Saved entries
--------------------

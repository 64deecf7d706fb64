-- ===== src/TimerQueue/Sets.antt =====
-- The ordered set of net/TimerQueue.cc as a list.
use libanet.Common.{
  suc, ◌≡◌, ◌≢◌, ◌⊎◌, inl, inr, refl, sym, ap, ap₂, subst, ◌∙◌, true, false, ◌||◌, List, [], ◌∷◌,
  length, arith, Bool-cases,
}
use libanet.Common.Int.{ℤ, ltb_ℤ, eq_of_parts}
use libanet.TimerQueue.{Entry, lt_entry, eq_entry, contains, insert_entry, erase_entry}

pub entry_eq : (a b : Entry) → a.when ≡ b.when → a.timer ≡ b.timer → a ≡ b
entry_eq a b h k = ap₂ (λ w p. record { when = w; timer = p }) h k

same_time : (a b : ℤ) → ltb_ℤ a b ≡ false → ltb_ℤ b a ≡ false → a ≡ b
same_time a b h k = eq_of_parts a b (ground arith)

pub eq_entry→eq : (a b : Entry) → eq_entry a b ≡ true → a ≡ b
eq_entry→eq a b h =
    entry_eq a b (same_time a.when b.when (ground arith) (ground arith)) (ground arith)

pub eq_entry_refl : (a : Entry) → eq_entry a a ≡ true
eq_entry_refl a = ground arith

pub lt_entry_trans :
    (a b c : Entry) → lt_entry a b ≡ true → lt_entry b c ≡ true → lt_entry a c ≡ true
lt_entry_trans a b c h k = ground arith

pub lt_entry_flip :
    (a b : Entry) → lt_entry a b ≡ false → eq_entry a b ≡ false → lt_entry b a ≡ true
lt_entry_flip a b h k = ground arith

pub lt_entry-ne : (a b : Entry) → lt_entry a b ≡ true → eq_entry a b ≡ false
lt_entry-ne a b h = ground arith

abbrev pub In : Entry → List Entry → Type 0
In e [] = ⊥
In e (x ∷ xs) = (e ≡ x) ⊎ In e xs

-- What comes after an entry in the order.
abbrev pub IsBelow : Entry → List Entry → Type 0
IsBelow e [] = Unit {0}
IsBelow e (x ∷ xs) = (lt_entry e x ≡ true) × IsBelow e xs

abbrev pub IsSorted : List Entry → Type 0
IsSorted [] = Unit {0}
IsSorted (x ∷ xs) = IsBelow x xs × IsSorted xs

IsBelow-trans : (a b : Entry) (xs : List Entry) → lt_entry a b ≡ true → IsBelow b xs → IsBelow a xs
IsBelow-trans a b [] h k = tt
IsBelow-trans a b (x ∷ xs) h k = (lt_entry_trans a b x h k.0, IsBelow-trans a b xs h k.1)

pub In-IsBelow : (a e : Entry) (xs : List Entry) → IsBelow a xs → In e xs → lt_entry a e ≡ true
In-IsBelow a e [] h m = absurd m
In-IsBelow a e (x ∷ xs) h (inl same) = subst (λ y. lt_entry a y ≡ true) (sym same) h.0
In-IsBelow a e (x ∷ xs) h (inr m) = In-IsBelow a e xs h.1 m

pub contains-In : (e : Entry) (xs : List Entry) → contains e xs ≡ true → In e xs
unfolding contains
contains-In e [] h = cc
contains-In e (x ∷ xs) h = elim (Bool-cases (eq_entry e x)) [
  | inl same ↦ inl (eq_entry→eq e x same)
  | inr other ↦ inr (contains-In e xs (sym (ap (λ b. b || contains e xs) other) ∙ h))
]

pub In-contains : (e : Entry) (xs : List Entry) → In e xs → contains e xs ≡ true
unfolding contains
In-contains e [] m = absurd m
In-contains e (x ∷ xs) (inl same) =
    ap (λ b. b || contains e xs) (subst (λ y. eq_entry e y ≡ true) same (eq_entry_refl e))
In-contains e (x ∷ xs) (inr m) = elim (Bool-cases (eq_entry e x)) [
  | inl same ↦ rw same refl
  | inr other ↦ rw other (In-contains e xs m)
]

-- Insertion
pub insert_entry-In : (e x : Entry) (xs : List Entry) → In x (insert_entry e xs) → (x ≡ e) ⊎ In x xs
unfolding insert_entry
insert_entry-In e x [] m = m
insert_entry-In e x (y ∷ ys) m = elim (Bool-cases (lt_entry e y)) [
  | inl before ↦ rw before at m
  | inr after ↦ elim (let n : In x (y ∷ insert_entry e ys) = rw after at m in n) [
    | inl same ↦ inr (inl same)
    | inr n ↦ elim (insert_entry-In e x ys n) [ inl new ↦ inl new | inr old ↦ inr (inr old) ]
  ]
]

pub In-insert_entry_self : (e : Entry) (xs : List Entry) → In e (insert_entry e xs)
unfolding insert_entry
In-insert_entry_self e [] = inl refl
In-insert_entry_self e (y ∷ ys) = elim (Bool-cases (lt_entry e y)) [
  | inl before ↦ rw before (inl refl)
  | inr after ↦ rw after (inr (In-insert_entry_self e ys))
]

pub In-insert_entry : (e x : Entry) (xs : List Entry) → In x xs → In x (insert_entry e xs)
unfolding insert_entry
In-insert_entry e x [] m = absurd m
In-insert_entry e x (y ∷ ys) m = elim (Bool-cases (lt_entry e y)) [
  | inl before ↦ rw before (inr m)
  | inr after ↦ rw after (elim m as (λ k. In x (y ∷ insert_entry e ys)) [
    | inl same ↦ inl same
    | inr n ↦ inr (In-insert_entry e x ys n)
  ])
]

pub length-insert_entry :
    (e : Entry) (xs : List Entry) → length (insert_entry e xs) ≡ suc (length xs)
unfolding insert_entry
length-insert_entry e [] = omega arith
length-insert_entry e (y ∷ ys) = ground (arith, length-insert_entry e ys)

IsBelow-insert_entry :
    (a e : Entry) (xs : List Entry)
    → lt_entry a e ≡ true
    → IsBelow a xs
    → IsBelow a (insert_entry e xs)
unfolding insert_entry
IsBelow-insert_entry a e [] h k = (h, tt)
IsBelow-insert_entry a e (y ∷ ys) h k = elim (Bool-cases (lt_entry e y)) [
  | inl before ↦ rw before (h, k)
  | inr after ↦ rw after (k.0, IsBelow-insert_entry a e ys h k.1)
]

pub insert_entry-IsSorted :
    (e : Entry) (xs : List Entry)
    → contains e xs ≡ false
    → IsSorted xs
    → IsSorted (insert_entry e xs)
unfolding insert_entry contains
insert_entry-IsSorted e [] h s = (tt, tt)
insert_entry-IsSorted e (y ∷ ys) h s = elim (Bool-cases (lt_entry e y)) [
  | inl before ↦ rw before ((before, IsBelow-trans e y ys before s.0), s)
  | inr after ↦ rw after (
    IsBelow-insert_entry y e ys (lt_entry_flip e y after (ground arith)) s.0,
    insert_entry-IsSorted e ys (ground arith) s.1,
  )
]

-- Erasure
pub In-erase_entry : (e x : Entry) (xs : List Entry) → In x (erase_entry e xs) → In x xs
unfolding erase_entry
In-erase_entry e x [] m = m
In-erase_entry e x (y ∷ ys) m = elim (Bool-cases (eq_entry e y)) [
  | inl same ↦ inr (rw same at m)
  | inr other ↦ elim (let n : In x (y ∷ erase_entry e ys) = rw other at m in n) [
    | inl k ↦ inl k
    | inr n ↦ inr (In-erase_entry e x ys n)
  ]
]

pub erase_entry-In_ne : (e x : Entry) (xs : List Entry) → x ≢ e → In x xs → In x (erase_entry e xs)
unfolding erase_entry
erase_entry-In_ne e x [] h m = m
erase_entry-In_ne e x (y ∷ ys) h m = elim (Bool-cases (eq_entry e y)) [
  | inl same ↦
      rw same (elim m as (λ k. In x ys) [
        | inl k ↦ absurd (h (k ∙ sym (eq_entry→eq e y same)))
        | inr n ↦ n
      ])
  | inr other ↦ rw other (elim m as (λ k. In x (y ∷ erase_entry e ys)) [
    | inl k ↦ inl k
    | inr n ↦ inr (erase_entry-In_ne e x ys h n)
  ])
]

pub length-erase_entry :
    (e : Entry) (xs : List Entry) → In e xs → suc (length (erase_entry e xs)) ≡ length xs
unfolding erase_entry
length-erase_entry e [] m = absurd m
length-erase_entry e (y ∷ ys) m = elim (Bool-cases (eq_entry e y)) [
  | inl same ↦ rw same refl
  | inr other ↦ rw other (elim m as (λ k. suc (suc (length (erase_entry e ys))) ≡ suc (length ys)) [
    | inl k ↦ absurd (ground (arith, subst (λ z. eq_entry e z ≡ true) k (eq_entry_refl e)))
    | inr n ↦ ap suc (length-erase_entry e ys n)
  ])
]

IsBelow-erase_entry : (a e : Entry) (xs : List Entry) → IsBelow a xs → IsBelow a (erase_entry e xs)
unfolding erase_entry
IsBelow-erase_entry a e [] k = tt
IsBelow-erase_entry a e (y ∷ ys) k = elim (Bool-cases (eq_entry e y)) [
  | inl same ↦ rw same k.1
  | inr other ↦ rw other (k.0, IsBelow-erase_entry a e ys k.1)
]

pub erase_entry-IsSorted : (e : Entry) (xs : List Entry) → IsSorted xs → IsSorted (erase_entry e xs)
unfolding erase_entry
erase_entry-IsSorted e [] s = tt
erase_entry-IsSorted e (y ∷ ys) s = elim (Bool-cases (eq_entry e y)) [
  | inl same ↦ rw same s.1
  | inr other ↦ rw other (IsBelow-erase_entry y e ys s.0, erase_entry-IsSorted e ys s.1)
]

pub In-ne_of_below : (y e : Entry) (ys : List Entry) → IsBelow y ys → In e ys → eq_entry e y ≡ false
In-ne_of_below y e ys b m = flipped (In-IsBelow y e ys b m)
  where
    flipped : lt_entry y e ≡ true → eq_entry e y ≡ false
    flipped h = ground arith

-- An erased entry is gone.
pub erase_entry-not_In : (e : Entry) (xs : List Entry) → IsSorted xs → ¬ In e (erase_entry e xs)
unfolding erase_entry
erase_entry-not_In e [] s m = m
erase_entry-not_In e (y ∷ ys) s m = elim (Bool-cases (eq_entry e y)) [
  | inl same ↦ let n : In e ys = rw same at m in cc (In-ne_of_below y e ys s.0 n, same)
  | inr other ↦ elim (let n : In e (y ∷ erase_entry e ys) = rw other at m in n) [
    | inl k ↦ absurd (ground (arith, subst (λ z. eq_entry e z ≡ true) k (eq_entry_refl e)))
    | inr n ↦ erase_entry-not_In e ys s.1 n
  ]
]
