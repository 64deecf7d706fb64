-- ===== src/TimerQueue/Invariant.antt =====
-- The invariant of net/TimerQueue.cc: both sets hold the same timers.
use libanet.Common.{
  ℕ, ◌<◌, ◌≡◌, ◌≢◌, inl, inr, subst, Bool, true, false, ◌||◌, Option, none, some, List, [], ◌∷◌,
  length, arith, Bool-cases,
}
use libanet.Common.Int.{ℤ}
use libanet.TimerQueue.{Timer, Entry, TimerQueue, contains, is_key, store, uintptr_max}
use libanet.TimerQueue.Sets.{In, IsSorted, contains-In}

abbrev pub entry : ℤ → ℕ → Entry
entry when p = record { when = when; timer = p }

pub record IsScheduled (q : TimerQueue) (e : Entry) : Type 0 where
  pub timer : Timer
  pub stored : q.heap e.timer ≡ some timer
  pub time : timer.expiration ≡ e.when
  pub listed : q.active_timers.has e.timer timer.sequence ≡ true
  pub address : e.timer < uintptr_max

pub record IsActive (q : TimerQueue) (p s : ℕ) : Type 0 where
  pub timer : Timer
  pub stored : q.heap p ≡ some timer
  pub same : timer.sequence ≡ s
  pub listed : In (entry timer.expiration p) q.timers

-- Every entry is of an active timer, every active timer has its entry, and the timers stand in the
-- order of their times.
pub record Inv (q : TimerQueue) : Type 0 where
  pub sorted : IsSorted q.timers
  pub sizes : length q.timers ≡ q.active_timers.size
  pub scheduled : (e : Entry) → In e q.timers → IsScheduled q e
  pub active : (p s : ℕ) → q.active_timers.has p s ≡ true → IsActive q p s

-- A timer that stands in neither set.
pub record IsIdle (q : TimerQueue) (p : ℕ) : Type 0 where
  pub timer : Timer
  pub stored : q.heap p ≡ some timer
  pub address : p < uintptr_max
  pub absent : (s : ℕ) → q.active_timers.has p s ≡ false

-- The expired timers while their callbacks run: in neither set, and no two the same.
abbrev pub AllIdle : TimerQueue → List Entry → Type 0
AllIdle q [] = Unit {0}
AllIdle q (e ∷ es) = IsIdle q e.timer × AllIdle q es

abbrev pub IsApart : ℕ → List Entry → Type 0
IsApart p [] = Unit {0}
IsApart p (e ∷ es) = (e.timer ≢ p) × IsApart p es

abbrev pub AreDistinct : List Entry → Type 0
AreDistinct [] = Unit {0}
AreDistinct (e ∷ es) = IsApart e.timer es × AreDistinct es

pub is_key_self : (p s : ℕ) → is_key p s p s ≡ true
is_key_self p s = ground arith

pub is_key-eq : (p s p' s' : ℕ) → is_key p s p' s' ≡ true → (p' ≡ p) × (s' ≡ s)
is_key-eq p s p' s' h = ground arith

pub is_key-ne : (p s p' s' : ℕ) → p' ≢ p → is_key p s p' s' ≡ false
is_key-ne p s p' s' h = ground arith

pub store_self : (h : ℕ → Option Timer) (p : ℕ) (t : Option Timer) → store h p t p ≡ t
store_self h p t = ground arith

pub store_other :
    (h : ℕ → Option Timer) (p p' : ℕ) (t : Option Timer) → p' ≢ p → store h p t p' ≡ h p'
store_other h p p' t n = ground arith

pub or_listed : (a b : Bool) → b ≡ true → (a || b) ≡ true
or_listed a b h = ground arith

pub has-ne : (q : TimerQueue) (p s : ℕ) → Inv q → q.heap p ≡ none → q.active_timers.has p s ≡ false
has-ne q p s v h = elim (Bool-cases (q.active_timers.has p s)) [
  | inl yes_has ↦ let a = v.active p s yes_has in absurd (ground (arith, a.stored, h))
  | inr no_has ↦ no_has
]

-- No entry is of an idle timer.
pub idle-contains :
    (q : TimerQueue) (p : ℕ) (w : ℤ) → Inv q → IsIdle q p → contains (entry w p) q.timers ≡ false
idle-contains q p w v i = elim (Bool-cases (contains (entry w p) q.timers)) [
  | inl there ↦
      let k = v.scheduled (entry w p) (contains-In (entry w p) q.timers there) in
      absurd (ground (arith, k.listed, i.absent k.timer.sequence))
  | inr away ↦ away
]

pub idle-ne : (q : TimerQueue) (p p' s : ℕ) → IsIdle q p → q.active_timers.has p' s ≡ true → p' ≢ p
idle-ne q p p' s i h e =
    let here = subst (λ k. q.active_timers.has k s ≡ true) e h in ground (arith, here, i.absent s)
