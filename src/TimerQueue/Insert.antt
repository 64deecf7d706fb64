-- ===== src/TimerQueue/Insert.antt =====
-- `insert` and `addTimerInLoop` of net/TimerQueue.cc keep the invariant.
use libanet.Common.{
  ℕ, suc, ◌≡◌, ◌≢◌, inl, inr, refl, sym, ap, subst, ◌∙◌, true, ◌||◌, some, List, [], ◌∷◌, arith,
  Bool-cases, ◌==◌,
}
use libanet.TimerQueue.{
  Timer, Entry, TimerQueue, is_key, insert_active, insert_entry, insert, is_earliest,
}
use libanet.TimerQueue.Sets.{
  In, insert_entry-In, In-insert_entry_self, In-insert_entry, length-insert_entry,
  insert_entry-IsSorted,
}
use libanet.TimerQueue.Invariant.{
  entry, IsScheduled, IsActive, Inv, IsIdle, AllIdle, IsApart, is_key_self, is_key-eq, is_key-ne,
  or_listed, idle-contains,
}

pub same_length : (m n : ℕ) → m ≡ n → (m == n) ≡ true
same_length m n h = ground arith

-- The queue with the timer in both sets.
unfoldable pub inserted : TimerQueue → ℕ → Timer → TimerQueue
inserted q p t = record q {
  timers = insert_entry (entry t.expiration p) q.timers;
  active_timers = record {
    has = λ p' s'. is_key p t.sequence p' s' || q.active_timers.has p' s';
    size = suc q.active_timers.size;
  };
}

pub inserted-heap : (q : TimerQueue) (p : ℕ) (t : Timer) → (inserted q p t).heap p ≡ q.heap p
unfolding inserted
inserted-heap q p t = refl

module _ (q : TimerQueue) (p : ℕ) (v : Inv q) (i : IsIdle q p) where
  pub insert-inserted :
      insert q p ≡ some (inserted q p i.timer, is_earliest i.timer.expiration q.timers)
  unfolding insert inserted insert_active
  insert-inserted =
      rw
        (
          same_length _ _ v.sizes,
          i.stored,
          idle-contains q p i.timer.expiration v i,
          i.absent i.timer.sequence,
          same_length _ _
              (length-insert_entry (entry i.timer.expiration p) q.timers ∙ ap suc v.sizes),
        )
        refl

  inserted-IsScheduled :
      (e : Entry) → In e (inserted q p i.timer).timers → IsScheduled (inserted q p i.timer) e
  unfolding inserted
  inserted-IsScheduled e m = elim (insert_entry-In (entry i.timer.expiration p) e q.timers m) [
    | inl new ↦ subst (IsScheduled (inserted q p i.timer)) (sym new) (record {
      timer = i.timer;
      stored = i.stored;
      time = refl;
      listed =
          ap (λ b. b || q.active_timers.has p i.timer.sequence) (is_key_self p i.timer.sequence);
      address = i.address;
    })
    | inr old ↦
        let k = v.scheduled e old in
        record {
          timer = k.timer;
          stored = k.stored;
          time = k.time;
          listed = or_listed (is_key p i.timer.sequence e.timer k.timer.sequence) _ k.listed;
          address = k.address;
        }
  ]

  active_then :
      (p' s' : ℕ)
      → (inserted q p i.timer).active_timers.has p' s' ≡ true
      → IsActive (inserted q p i.timer) p' s'
  unfolding inserted
  active_then p' s' h = elim (Bool-cases (is_key p i.timer.sequence p' s')) [
    | inl new ↦
        let (same_p, same_s) = is_key-eq p i.timer.sequence p' s' new in
        record {
          timer = i.timer;
          stored = ap q.heap same_p ∙ i.stored;
          same = sym same_s;
          listed =
              subst
                (λ k.
                  In (entry i.timer.expiration k)
                    (insert_entry (entry i.timer.expiration p) q.timers))
                (sym same_p) (In-insert_entry_self (entry i.timer.expiration p) q.timers);
        }
    | inr other ↦
        let k = v.active p' s' (sym (ap (λ b. b || q.active_timers.has p' s') other) ∙ h) in
        record {
          timer = k.timer;
          stored = k.stored;
          same = k.same;
          listed =
              In-insert_entry (entry i.timer.expiration p) (entry k.timer.expiration p') q.timers
                k.listed;
        }
  ]

  pub inserted-Inv : Inv (inserted q p i.timer)
  unfolding inserted
  inserted-Inv = record {
    sorted =
        insert_entry-IsSorted (entry i.timer.expiration p) q.timers
          (idle-contains q p i.timer.expiration v i) v.sorted;
    sizes = length-insert_entry (entry i.timer.expiration p) q.timers ∙ ap suc v.sizes;
    scheduled = inserted-IsScheduled;
    active = active_then;
  }

  inserted-IsIdle : (p' : ℕ) → p' ≢ p → IsIdle q p' → IsIdle (inserted q p i.timer) p'
  unfolding inserted
  inserted-IsIdle p' n k = record {
    timer = k.timer;
    stored = k.stored;
    address = k.address;
    absent = λ s.
        ap (λ b. b || q.active_timers.has p' s) (is_key-ne p i.timer.sequence p' s n) ∙ k.absent s;
  }

  pub inserted-AllIdle :
      (es : List Entry) → IsApart p es → AllIdle q es → AllIdle (inserted q p i.timer) es
  inserted-AllIdle [] a k = tt
  inserted-AllIdle (e ∷ es) a k = (inserted-IsIdle e.timer a.0 k.0, inserted-AllIdle es a.1 k.1)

--------------------

Task details.
Transcribe the records above exactly, from the opening line down to and including the line with "IsSorted [] = Unit".

Task result.
repository 64deecf7d706fb64
-- ===== src/TimerQueue/Sets.antt =====
-- The ordered set of net/TimerQueue.cc as a list.
use libanet.Common.{
  suc, ◌≡◌, ◌≢◌, ◌⊎◌, inl, inr, refl, sym, ap, ap₂, subst, ◌∙◌, true, false, ◌||◌, List, [], ◌∷◌,
  length, arith, Bool-cases,
}
use libanet.Common.Int.{ℤ, ltb_ℤ, eq_of_parts}
use libanet.TimerQueue.{Entry, lt_entry, eq_entry, contains, insert_entry, erase_entry}

pub entry_eq : (a b : Entry) → a.when ≡ b.when → a.timer ≡ b.timer → a ≡ b
entry_eq a b h k = ap₂ (λ w p. record { when = w; timer = p }) h k

same_time : (a b : ℤ) → ltb_ℤ a b ≡ false → ltb_ℤ b a ≡ false → a ≡ b
same_time a b h k = eq_of_parts a b (ground arith)

pub eq_entry→eq : (a b : Entry) → eq_entry a b ≡ true → a ≡ b
eq_entry→eq a b h =
    entry_eq a b (same_time a.when b.when (ground arith) (ground arith)) (ground arith)

pub eq_entry_refl : (a : Entry) → eq_entry a a ≡ true
eq_entry_refl a = ground arith

pub lt_entry_trans :
    (a b c : Entry) → lt_entry a b ≡ true → lt_entry b c ≡ true → lt_entry a c ≡ true
lt_entry_trans a b c h k = ground arith

pub lt_entry_flip :
    (a b : Entry) → lt_entry a b ≡ false → eq_entry a b ≡ false → lt_entry b a ≡ true
lt_entry_flip a b h k = ground arith

pub lt_entry-ne : (a b : Entry) → lt_entry a b ≡ true → eq_entry a b ≡ false
lt_entry-ne a b h = ground arith

abbrev pub In : Entry → List Entry → Type 0
In e [] = ⊥
In e (x ∷ xs) = (e ≡ x) ⊎ In e xs

-- What comes after an entry in the order.
abbrev pub IsBelow : Entry → List Entry → Type 0
IsBelow e [] = Unit {0}
IsBelow e (x ∷ xs) = (lt_entry e x ≡ true) × IsBelow e xs

abbrev pub IsSorted : List Entry → Type 0
IsSorted [] = Unit {0}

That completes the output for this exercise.